I walked down to Canal street, at which point almost all the streets are closed. There are large groups of police at every intersection, checking IDs, asking people for their birth certificates, shining flashlights in people's faces. I had to walk east to Centre Street to be able to go south. It was really eerie. I was a good ways from the site, but the streets were empty. Once in a while a Humvee would drive by. This isn't the same city, that's for sure. I walked past city hall, and started across the Brooklyn Bridge.

It's a different feeling being on a landmark like that. I couldn't stop the flood of thoughts of what could happen there. What a target it was, how vulnerable I felt walking across it, 10 minutes from either shore and a hundred feet off the water.
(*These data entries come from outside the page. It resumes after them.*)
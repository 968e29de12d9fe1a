-- ===== src/Integer/Montgomery/Inverse.antt =====
-- Newton's iteration for the inverse of an odd word.
use mathlib.Core.Path.{subst}
use slim_data_crypt.Common.{
  ℕ, ◌+◌, ◌-◌, ◌*◌, ◌/◌, ◌%◌, ◌^◌, ◌<◌, ◌≤◌, ◌≡◌, refl, ap, sym, ◌∙◌, false, bit_and, ◌==◌, sub64,
  arith,
}
use slim_data_crypt.Common.{Bool-cases, inl, inr}
use native.Mathlib.Nat.{mul-le-mul, mod-add-div, mul-add-mod_self_right, mod-eq_of_lt}
use slim_data_crypt.Integer.{IsWord}
use slim_data_crypt.Integer.Remainders.Bits.{and_one}
use slim_data_crypt.Integer.Montgomery.{newton, calculate_ninv}

residue : (a r p q : ℕ) → 1 < r → a + p * r ≡ 1 + q * r → a % r ≡ 1
residue a r p q h e =
    sym (mul-add-mod_self_right p r a)
    ∙ ap (λ t. t % r) (let f : p * r + a ≡ q * r + 1 = omega arith in f)
    ∙ mul-add-mod_self_right q r 1
    ∙ mod-eq_of_lt h

-- `(1 + u) * (1 - u)`, where the second factor stands `m` higher.
squares : (u w m : ℕ) → w + u ≡ m + 1 → (1 + u) * w + u * u ≡ 1 + m * (1 + u)
squares u w m e =
    (let f : (1 + u) * w + u * u ≡ w + u * (w + u) = grind arith in f)
    ∙ ap (λ t. w + u * t) e
    ∙ (let f : w + u * (m + 1) ≡ (w + u) + m * u = grind arith in f)
    ∙ ap (λ t. t + m * u) e
    ∙ (let f : (m + 1) + m * u ≡ 1 + m * (1 + u) = grind arith in f)

-- The step on whole numbers: `y` for `x * inv`, `s` for `2 - y`, `next` for `inv * s`, each with
-- the multiples of `m` that its word leaves out.
combined :
    (x inv y i s e next j t p c m w : ℕ)
    → m ≡ c * (p * p)
    → x * inv ≡ y + m * i
    → y ≡ 1 + p * t
    → w + p * t ≡ m + 1
    → s + m * e ≡ w
    → inv * s ≡ next + m * j
    → x * next + c * (x * j + y * e) * (p * p) + t * t * (p * p)
      ≡ 1 + c * ((1 + p * t) + i * s) * (p * p)
combined x inv y i s e next j t p c m w em ex ey ew es en =
    let u = p * t in
    let first : x * next + m * (x * j) ≡ y * s + m * (i * s) =
      (let f : x * next + m * (x * j) ≡ x * (next + m * j) = grind arith in f)
      ∙ ap (λ k. x * k) (sym en)
      ∙ (let f : x * (inv * s) ≡ x * inv * s = grind arith in f)
      ∙ ap (λ k. k * s) ex
      ∙ (let f : (y + m * i) * s ≡ y * s + m * (i * s) = grind arith in f) in
    let second : y * s + m * (y * e) ≡ (1 + u) * w =
      (let f : y * s + m * (y * e) ≡ y * (s + m * e) = grind arith in f)
      ∙ ap (λ k. y * k) es
      ∙ ap (λ k. k * w) ey in
    let third = squares u w m ew in
    let main : x * next + m * (x * j) + m * (y * e) + u * u ≡ 1 + m * (1 + u) + m * (i * s) =
      omega (arith, first, second, third) in
    let opened : x * next + c * (p * p) * (x * j) + c * (p * p) * (y * e) + u * u
        ≡ 1 + c * (p * p) * (1 + u) + c * (p * p) * (i * s) =
      subst (λ k. x * next + k * (x * j) + k * (y * e) + u * u ≡ 1 + k * (1 + u) + k * (i * s)) em
        main in
    (let f : x * next + c * (x * j + y * e) * (p * p) + t * t * (p * p)
          ≡ x * next + c * (p * p) * (x * j) + c * (p * p) * (y * e) + p * t * (p * t) =
        grind arith in
      f)
    ∙ opened
    ∙ (let f : 1 + c * (p * p) * (1 + p * t) + c * (p * p) * (i * s)
            ≡ 1 + c * ((1 + p * t) + i * s) * (p * p) =
          grind arith in
        f)

below_square : (p : ℕ) → 1 < p → 1 < p * p
below_square p h = let more : 2 * 2 ≤ p * p = mul-le-mul h h in omega (arith, more)

-- From an inverse to the negated one.
negated : (x inv : ℕ) → IsWord inv → x * inv % 2 ^ 64 ≡ 1 → (sub64 0 inv * x + 1) % 2 ^ 64 ≡ 0
negated x inv h e = elim (Bool-cases (inv == 0)) [
  | inl z ↦
      let none : x * inv ≡ 0 =
        ap (λ k. x * k) (let f : inv ≡ 0 = ground arith in f) ∙ omega arith in
      absurd (omega arith)
  | inr z ↦
      let positive : 0 < inv = ground arith in
      let minus = (0 + 2 ^ 64 - inv) % 2 ^ 64 in
      let both : minus + inv ≡ 2 ^ 64 = omega arith in
      let product : minus * x + x * inv ≡ 2 ^ 64 * x =
        (let f : minus * x + x * inv ≡ (minus + inv) * x = grind arith in f)
        ∙ ap (λ k. k * x) both in
      omega (arith, product)
]

-- A step squares the modulus of the inverse.
newton_step :
    (x inv p c : ℕ)
    → 1 < p
    → 2 ^ 64 ≡ c * (p * p)
    → x * inv % p ≡ 1
    → x * newton x inv % (p * p) ≡ 1
unfolding newton
newton_step x inv p c big em h =
    let m : ℕ = 2 ^ 64 in
    let y = x * inv % m in
    let w = 2 + m - y in
    let s = w % m in
    let next = inv * s % m in
    let i = x * inv / m in
    let j = inv * s / m in
    let e = w / m in
    let t = y / p in
    let whole : x * inv ≡ y + m * i = omega arith in
    let again : c * p * i * p + y ≡ x * inv =
      (let f : c * p * i * p + y ≡ y + c * (p * p) * i = grind arith in f)
      ∙ ap (λ k. y + k * i) (sym em)
      ∙ sym whole in
    let one : y % p ≡ 1 =
      sym (mul-add-mod_self_right (c * p * i) p y) ∙ ap (λ k. k % p) again ∙ h in
    let parts : y ≡ 1 + p * t = sym (mod-add-div y p) ∙ ap (λ k. k + p * t) one in
    let above : w + p * t ≡ m + 1 = omega (arith, parts) in
    let sum =
      combined x inv y i s e next j t p c m w em whole parts above (omega arith) (omega arith) in
    residue (x * next) (p * p) (c * (x * j + y * e) + t * t) (c * ((1 + p * t) + i * s))
      (below_square p big)
      ((let f : x * next + (c * (x * j + y * e) + t * t) * (p * p)
              ≡ x * next + c * (x * j + y * e) * (p * p) + t * t * (p * p) =
            grind arith in
          f)
        ∙ sum)

newton-IsWord : (x inv : ℕ) → IsWord (newton x inv)
unfolding newton
newton-IsWord x inv = omega arith

newton_first : (x : ℕ) → IsWord x → newton x 1 ≡ sub64 2 x
unfolding newton
newton_first x h = omega arith

-- Six steps, from the inverse 1 modulo 2.
six_steps :
    (x : ℕ)
    → x % 2 ≡ 1
    → x * newton x (newton x (newton x (newton x (newton x (newton x 1))))) % 2 ^ 64 ≡ 1
six_steps x odd =
    let s1 = newton_step x 1 2 (2 ^ 62) (omega arith) refl (omega arith) in
    let s2 = newton_step x (newton x 1) 4 (2 ^ 60) (omega arith) refl s1 in
    let s3 = newton_step x (newton x (newton x 1)) (2 ^ 4) (2 ^ 56) (omega arith) refl s2 in
    let s4 =
      newton_step x (newton x (newton x (newton x 1))) (2 ^ 8) (2 ^ 48) (omega arith) refl s3 in
    let s5 =
      newton_step x (newton x (newton x (newton x (newton x 1)))) (2 ^ 16) (2 ^ 32) (omega arith)
        refl s4 in
    newton_step x (newton x (newton x (newton x (newton x (newton x 1))))) (2 ^ 32) 1 (omega arith)
      refl s5

-- For an odd word `sdc_int_calculate_ninv` gives the word whose product with it is the word of all
-- ones, the negated inverse that Montgomery multiplication needs.
pub calculate_ninv_lem : (x : ℕ) → IsWord x → x % 2 ≡ 1 → (calculate_ninv x * x + 1) % 2 ^ 64 ≡ 0
unfolding calculate_ninv
calculate_ninv_lem x h odd =
    let is_odd : (bit_and x 1 == 0) ≡ false = ground (arith, and_one x) in
    rw (is_odd, sym (newton_first x h))
      (negated x (newton x (newton x (newton x (newton x (newton x (newton x 1))))))
        (newton-IsWord x _) (six_steps x odd))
Turning around, I stared at the bright white lights illuminating the spot where the twin towers used to be. That image of the phantom towers is pretty accurate, really. It actually looks like that. Columns of white light and smoke.

If I'm not writing about Denyse, and the way I feel right now, it's because I can't quite stand it. I've been talking to people about it some, but mostly not. I was alone last night, but thankfully I nearly wrecked my computer so I wrestled with that all evening. Evening, he says. I guess I was up too late, as usual. I didn't get home until 10, and of course couldn't go to sleep until I fixed the computer. Friends have been comforting, and I'm very lucky for it. I hope Denyse realizes she has friends here too. I'm worried about her. That doesn't begin to cover it.

Work grows more difficult each day. The depths of my current apathy surprise even me.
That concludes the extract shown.